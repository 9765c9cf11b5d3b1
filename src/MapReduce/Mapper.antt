-- ===== src/MapReduce/Mapper.antt =====
-- `Map` of concurrency-mapreduce/wordcount.c, and the threads of `MR_Run` in
-- concurrency-mapreduce/mapreduce.c. A file is the list of its bytes. Mappers share only `all_data`,
-- and `MR_Emit` holds its mutex from end to end, so a step of a mapper is one call of it.
use ostep_projects_finish.Common.{
  ℕ, zero, suc, ◌+◌, ◌-◌, ◌≡◌, Bool, ◌||◌, Option, none, some, List, [], ◌∷◌, ◌++◌, length, get_or,
  get_elem?, set, ◌==◌, leb, if◌then◌else◌,
}
use ostep_projects_finish.Common.Text.{cstr}
use ostep_projects_finish.MapReduce.{Bytes, MapData, mr_emit, Line, mr_reduce, mr_shuffle}

-- A byte of " \t\n\r".
abbrev pub is_delim : ℕ → Bool
is_delim c = c == 32 || (c == 9 || (c == 10 || c == 13))

-- The lines that `getline` gives one after another, when it has read `line` of the current one.
unfoldable pub getlines : Bytes → List ℕ → List Bytes
getlines line [] = elim line [ [] ↦ [] | c ∷ cs ↦ ((c ∷ cs) ∷ []) ]
getlines line (x ∷ file) =
    let rest = getlines [] file in
    let longer = getlines (line ++ (x ∷ [])) file in
    if x == 10 then (line ++ (x ∷ [])) ∷ rest else longer

-- `strsep(&dummy, " \t\n\r")` where `dummy` is not NULL: the token, and `dummy` afterwards.
unfoldable pub strsep : Bytes → Bytes × Option Bytes
strsep [] = ([], none)
strsep (c ∷ dummy) =
    let (token, left) = strsep dummy in if is_delim c then ([], some dummy) else (c ∷ token, left)

-- The inner `while` of `Map`. Each token takes a delimiter away, so the length of the line bounds the
-- rounds; `none` is out of fuel.
unfoldable pub emit_tokens : ℕ → Option Bytes → List MapData → Option (List MapData)
emit_tokens zero dummy all_data = none
emit_tokens (suc fuel) none all_data = some all_data
emit_tokens (suc fuel) (some dummy) all_data =
    let (token, left) = strsep dummy in
    elim token [
      | [] ↦ emit_tokens fuel left all_data
      | c ∷ cs ↦ emit_tokens fuel left (mr_emit (c ∷ cs) (49 ∷ []) all_data)
    ]

unfoldable pub emit_lines : List Bytes → List MapData → Option (List MapData)
emit_lines [] all_data = some all_data
emit_lines (line ∷ lines) all_data =
    elim (emit_tokens (length (cstr line) + 2) (some (cstr line)) all_data) [
      | none ↦ none
      | some emitted ↦ emit_lines lines emitted
    ]

-- `Map` for a file that can be opened.
unfoldable pub map_file : List ℕ → List MapData → Option (List MapData)
map_file file all_data = emit_lines (getlines [] file) all_data

-- `real_num_mappers` in `MR_Run`; `none` is the exit with a message.
unfoldable pub real_num_mappers : ℕ → ℕ → Option ℕ
real_num_mappers argc num_mappers = if leb (argc - 1) num_mappers then some (argc - 1) else none

-- The pairs that each mapper has still to emit, and `all_data`.
pub record Mappers : Type 0 where
  pub to_emit : List (List MapData)
  pub all_data : List MapData

pub data Step (s : Mappers) : Mappers → Type 0 where
  emit :
      (i : ℕ) (d : MapData) (rest : List MapData)
      → get_elem? s.to_emit i ≡ some (d ∷ rest)
      → Step s
          (record { to_emit = set s.to_emit i rest; all_data = mr_emit d.key d.value s.all_data })

pub data Reach (s : Mappers) : Mappers → Type 0 where
  start : Reach s s
  later : {t u : Mappers} → Reach s t → Step t u → Reach s u

-- What each mapper emits on its file when it runs alone; `none` if one is out of fuel.
unfoldable pub map_all : List (List ℕ) → Option (List (List MapData))
map_all [] = some []
map_all (file ∷ files) = elim (map_file file []) [
  | none ↦ none
  | some pairs ↦ elim (map_all files) [ none ↦ none | some rest ↦ some (pairs ∷ rest) ]
]

module _ (partition : Bytes → ℕ → ℕ) (num_partition : ℕ) where
  -- The reducer threads number 0 to `n - 1`, with the lines that each prints.
  unfoldable pub reduce_first : ℕ → List MapData → Option (List Line)
  reduce_first zero all_data = some []
  reduce_first (suc n) all_data =
      let part_list = get_or (mr_shuffle partition num_partition all_data) n [] in
      elim (reduce_first n all_data) [
        | none ↦ none
        | some before ↦
            elim (mr_reduce (suc (length part_list))
              (record { data_list = part_list; part_count = 0 })) [
                | none ↦ none
                | some own ↦ some (before ++ own)
              ]
      ]

  -- `MR_Run` from the distribution of the pairs on.
  unfoldable pub mr_finish : List MapData → Option (List Line)
  mr_finish all_data = reduce_first num_partition all_data
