-- ===== src/MapReduce/Shuffle.antt =====
-- `MR_Sortadd` keeps a partition in the order of `strcmp`, and `MR_Run` distributes every pair.
use ostep_projects_finish.Common.{
  ◌≡◌, refl, sym, ap, ap₂, ◌∙◌, subst, true, false, List, [], ◌∷◌, arith, append-nil, length, All,
  if◌then◌else◌, Bool-cases, inl, inr,
}
use mathlib.Core.List.{Perm}
use mathlib.Core.List.Perm
use ostep_projects_finish.Common.Sift.{
  rev_onto, rev_onto-snoc, length-rev, rev_onto-perm, read_below, read_above, swap_down-rev_onto,
}
use ostep_projects_finish.MapReduce.{Bytes, MapData, strcmp_lt, blank, sort_down, mr_sortadd}

pub strcmp_lt_asymm : (s t : Bytes) → strcmp_lt s t ≡ true → strcmp_lt t s ≡ false
unfolding strcmp_lt
strcmp_lt_asymm [] [] h = cc
strcmp_lt_asymm [] (y ∷ t) h = refl
strcmp_lt_asymm (x ∷ s) [] h = cc
strcmp_lt_asymm (x ∷ s) (y ∷ t) h = ground (arith, strcmp_lt_asymm s t)

-- "not greater" is transitive.
pub strcmp_le_trans :
    (s t u : Bytes) → strcmp_lt t s ≡ false → strcmp_lt u t ≡ false → strcmp_lt u s ≡ false
unfolding strcmp_lt
strcmp_le_trans [] [] [] h k = refl
strcmp_le_trans [] [] (z ∷ u) h k = refl
strcmp_le_trans [] (y ∷ t) [] h k = refl
strcmp_le_trans [] (y ∷ t) (z ∷ u) h k = refl
strcmp_le_trans (x ∷ s) [] u h k = cc
strcmp_le_trans (x ∷ s) (y ∷ t) [] h k = cc
strcmp_le_trans (x ∷ s) (y ∷ t) (z ∷ u) h k = ground (arith, strcmp_le_trans s t u)

-- One place further down, in a list that is read from its end.
unfoldable pub insert_rev : MapData → List MapData → List MapData
insert_rev x [] = x ∷ []
insert_rev x (r ∷ rs) = if strcmp_lt x.key r.key then r ∷ insert_rev x rs else x ∷ r ∷ rs

sort_down-rev_onto :
    (rs : List MapData) (x : MapData) (ys : List MapData)
    → sort_down (length rs) (rev_onto rs (x ∷ ys)) ≡ rev_onto (insert_rev x rs) ys
unfolding sort_down insert_rev
sort_down-rev_onto [] x ys = refl
sort_down-rev_onto (r ∷ rs) x ys =
    rw (read_below rs blank r x ys, read_above rs blank r x ys)
      (elim (Bool-cases (strcmp_lt x.key r.key)) [
        | inl e ↦ rw e (
            ap (sort_down (length rs)) (swap_down-rev_onto rs blank r x ys)
            ∙ sort_down-rev_onto rs x (r ∷ ys))
        | inr e ↦ rw e
      ])

-- No pair has a key below that of a pair in front of it.
abbrev pub IsSorted : List MapData → Type 0
IsSorted [] = Unit
IsSorted (d ∷ ds) = All (λ e. strcmp_lt e.key d.key ≡ false) ds × IsSorted ds

abbrev IsAbove : MapData → List MapData → Type 0
IsAbove r ds = All (λ e. strcmp_lt r.key e.key ≡ false) ds

-- The same of a list that is read from its end.
abbrev IsSortedRev : List MapData → Type 0
IsSortedRev [] = Unit
IsSortedRev (r ∷ rs) = IsAbove r rs × IsSortedRev rs

IsAbove-trans :
    (x r : MapData) (rs : List MapData)
    → strcmp_lt x.key r.key ≡ false
    → IsAbove r rs
    → IsAbove x rs
IsAbove-trans x r [] h a = tt
IsAbove-trans x r (e ∷ rs) h a =
    (strcmp_le_trans e.key r.key x.key a.0 h, IsAbove-trans x r rs h a.1)

IsAbove-insert_rev :
    (r x : MapData) (rs : List MapData)
    → strcmp_lt r.key x.key ≡ false
    → IsAbove r rs
    → IsAbove r (insert_rev x rs)
unfolding insert_rev
IsAbove-insert_rev r x [] h a = (h, tt)
IsAbove-insert_rev r x (e ∷ rs) h a = elim (Bool-cases (strcmp_lt x.key e.key)) [
  | inl q ↦ rw q (a.0, IsAbove-insert_rev r x rs h a.1)
  | inr q ↦ rw q (h, a)
]

insert_rev-IsSortedRev :
    (x : MapData) (rs : List MapData) → IsSortedRev rs → IsSortedRev (insert_rev x rs)
unfolding insert_rev
insert_rev-IsSortedRev x [] s = (tt, tt)
insert_rev-IsSortedRev x (r ∷ rs) s = elim (Bool-cases (strcmp_lt x.key r.key)) [
  | inl q ↦ rw q (
    IsAbove-insert_rev r x rs (strcmp_lt_asymm x.key r.key q) s.0,
    insert_rev-IsSortedRev x rs s.1,
  )
  | inr q ↦ rw q ((q, IsAbove-trans x r rs q s.0), s)
]

abbrev IsBelowAll : MapData → List MapData → Type 0
IsBelowAll d ds = All (λ e. strcmp_lt e.key d.key ≡ false) ds

-- Every one of `rs` is below every one of `ys`.
abbrev AllBelow : List MapData → List MapData → Type 0
AllBelow rs ys = All (λ r. IsBelowAll r ys) rs

AllBelow-cons :
    (r : MapData) (rs ys : List MapData) → IsAbove r rs → AllBelow rs ys → AllBelow rs (r ∷ ys)
AllBelow-cons r [] ys a b = tt
AllBelow-cons r (e ∷ rs) ys a b = ((a.0, b.0), AllBelow-cons r rs ys a.1 b.1)

rev_onto-IsSorted :
    (rs ys : List MapData)
    → IsSortedRev rs
    → IsSorted ys
    → AllBelow rs ys
    → IsSorted (rev_onto rs ys)
rev_onto-IsSorted [] ys a b c = b
rev_onto-IsSorted (r ∷ rs) ys a b c =
    rev_onto-IsSorted rs (r ∷ ys) a.1 (c.0, b) (AllBelow-cons r rs ys a.0 c.1)

AllBelow-nil : (rs : List MapData) → AllBelow rs []
AllBelow-nil [] = tt
AllBelow-nil (r ∷ rs) = (tt, AllBelow-nil rs)

IsAbove-All :
    (d : MapData) (ds rs : List MapData)
    → IsBelowAll d ds
    → All (λ e. IsAbove e rs) ds
    → All (λ e. IsAbove e (d ∷ rs)) ds
IsAbove-All d [] rs a b = tt
IsAbove-All d (e ∷ ds) rs a b = ((a.0, b.0), IsAbove-All d ds rs a.1 b.1)

rev_onto-IsSortedRev :
    (ds rs : List MapData)
    → IsSorted ds
    → IsSortedRev rs
    → All (λ e. IsAbove e rs) ds
    → IsSortedRev (rev_onto ds rs)
rev_onto-IsSortedRev [] rs a b c = b
rev_onto-IsSortedRev (d ∷ ds) rs a b c =
    rev_onto-IsSortedRev ds (d ∷ rs) a.1 (c.0, b) (IsAbove-All d ds rs a.0 c.1)

IsAbove-nil : (ds : List MapData) → All (λ e. IsAbove e []) ds
IsAbove-nil [] = tt
IsAbove-nil (d ∷ ds) = (tt, IsAbove-nil ds)

pub mr_sortadd-rev :
    (l : List MapData) (x : MapData) → mr_sortadd l x ≡ rev_onto (insert_rev x (rev_onto l [])) []
unfolding mr_sortadd
mr_sortadd-rev l x =
    ap₂ sort_down (length-rev l) (rev_onto-snoc l x) ∙ sort_down-rev_onto (rev_onto l []) x []

-- `MR_Sortadd` puts a pair into a partition in ascending order so that the order is kept.
pub mr_sortadd-IsSorted : (l : List MapData) (x : MapData) → IsSorted l → IsSorted (mr_sortadd l x)
mr_sortadd-IsSorted l x s = subst IsSorted (sym (mr_sortadd-rev l x)) (
    rev_onto-IsSorted (insert_rev x (rev_onto l [])) []
      (insert_rev-IsSortedRev x (rev_onto l []) (rev_onto-IsSortedRev l [] s tt (IsAbove-nil l))) tt
      (AllBelow-nil (insert_rev x (rev_onto l []))))

insert_rev-perm : (x : MapData) (rs : List MapData) → Perm (insert_rev x rs) (x ∷ rs)
unfolding insert_rev
insert_rev-perm x [] = Perm.refl (x ∷ [])
insert_rev-perm x (r ∷ rs) = elim (Bool-cases (strcmp_lt x.key r.key)) [
  | inl q ↦ rw q (Perm.trans (Perm.cons r (insert_rev-perm x rs)) (Perm.swap x r rs))
  | inr q ↦ rw q (Perm.refl (x ∷ r ∷ rs))
]

-- `MR_Sortadd` leaves the pairs of the partition and the new one, each as often as before.
pub mr_sortadd-perm : (l : List MapData) (x : MapData) → Perm (mr_sortadd l x) (x ∷ l)
mr_sortadd-perm l x =
    subst (λ t. Perm t (x ∷ l)) (sym (mr_sortadd-rev l x))
      (Perm.trans (rw append-nil at (rev_onto-perm (insert_rev x (rev_onto l [])) [])) (
        Perm.trans (insert_rev-perm x (rev_onto l []))
          (Perm.cons x (rw append-nil at (rev_onto-perm l [])))))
——
WHAT YOU SHOULD DO: Would you output, from the records above, exactly the run of lines that starts at the line containing "inl e ↦ rw e" and ends at the line containing "IsSortedRev [] = Unit", and only that run?

EXERCISE OUTPUT:
        | inl e ↦ rw e (
            ap (sort_down (length rs)) (swap_down-rev_onto rs blank r x ys)
            ∙ sort_down-rev_onto rs x (r ∷ ys))
        | inr e ↦ rw e
      ])

-- No pair has a key below that of a pair in front of it.
abbrev pub IsSorted : List MapData → Type 0
IsSorted [] = Unit
IsSorted (d ∷ ds) = All (λ e. strcmp_lt e.key d.key ≡ false) ds × IsSorted ds

abbrev IsAbove : MapData → List MapData → Type 0
IsAbove r ds = All (λ e. strcmp_lt r.key e.key ≡ false) ds

-- The same of a list that is read from its end.
abbrev IsSortedRev : List MapData → Type 0
IsSortedRev [] = Unit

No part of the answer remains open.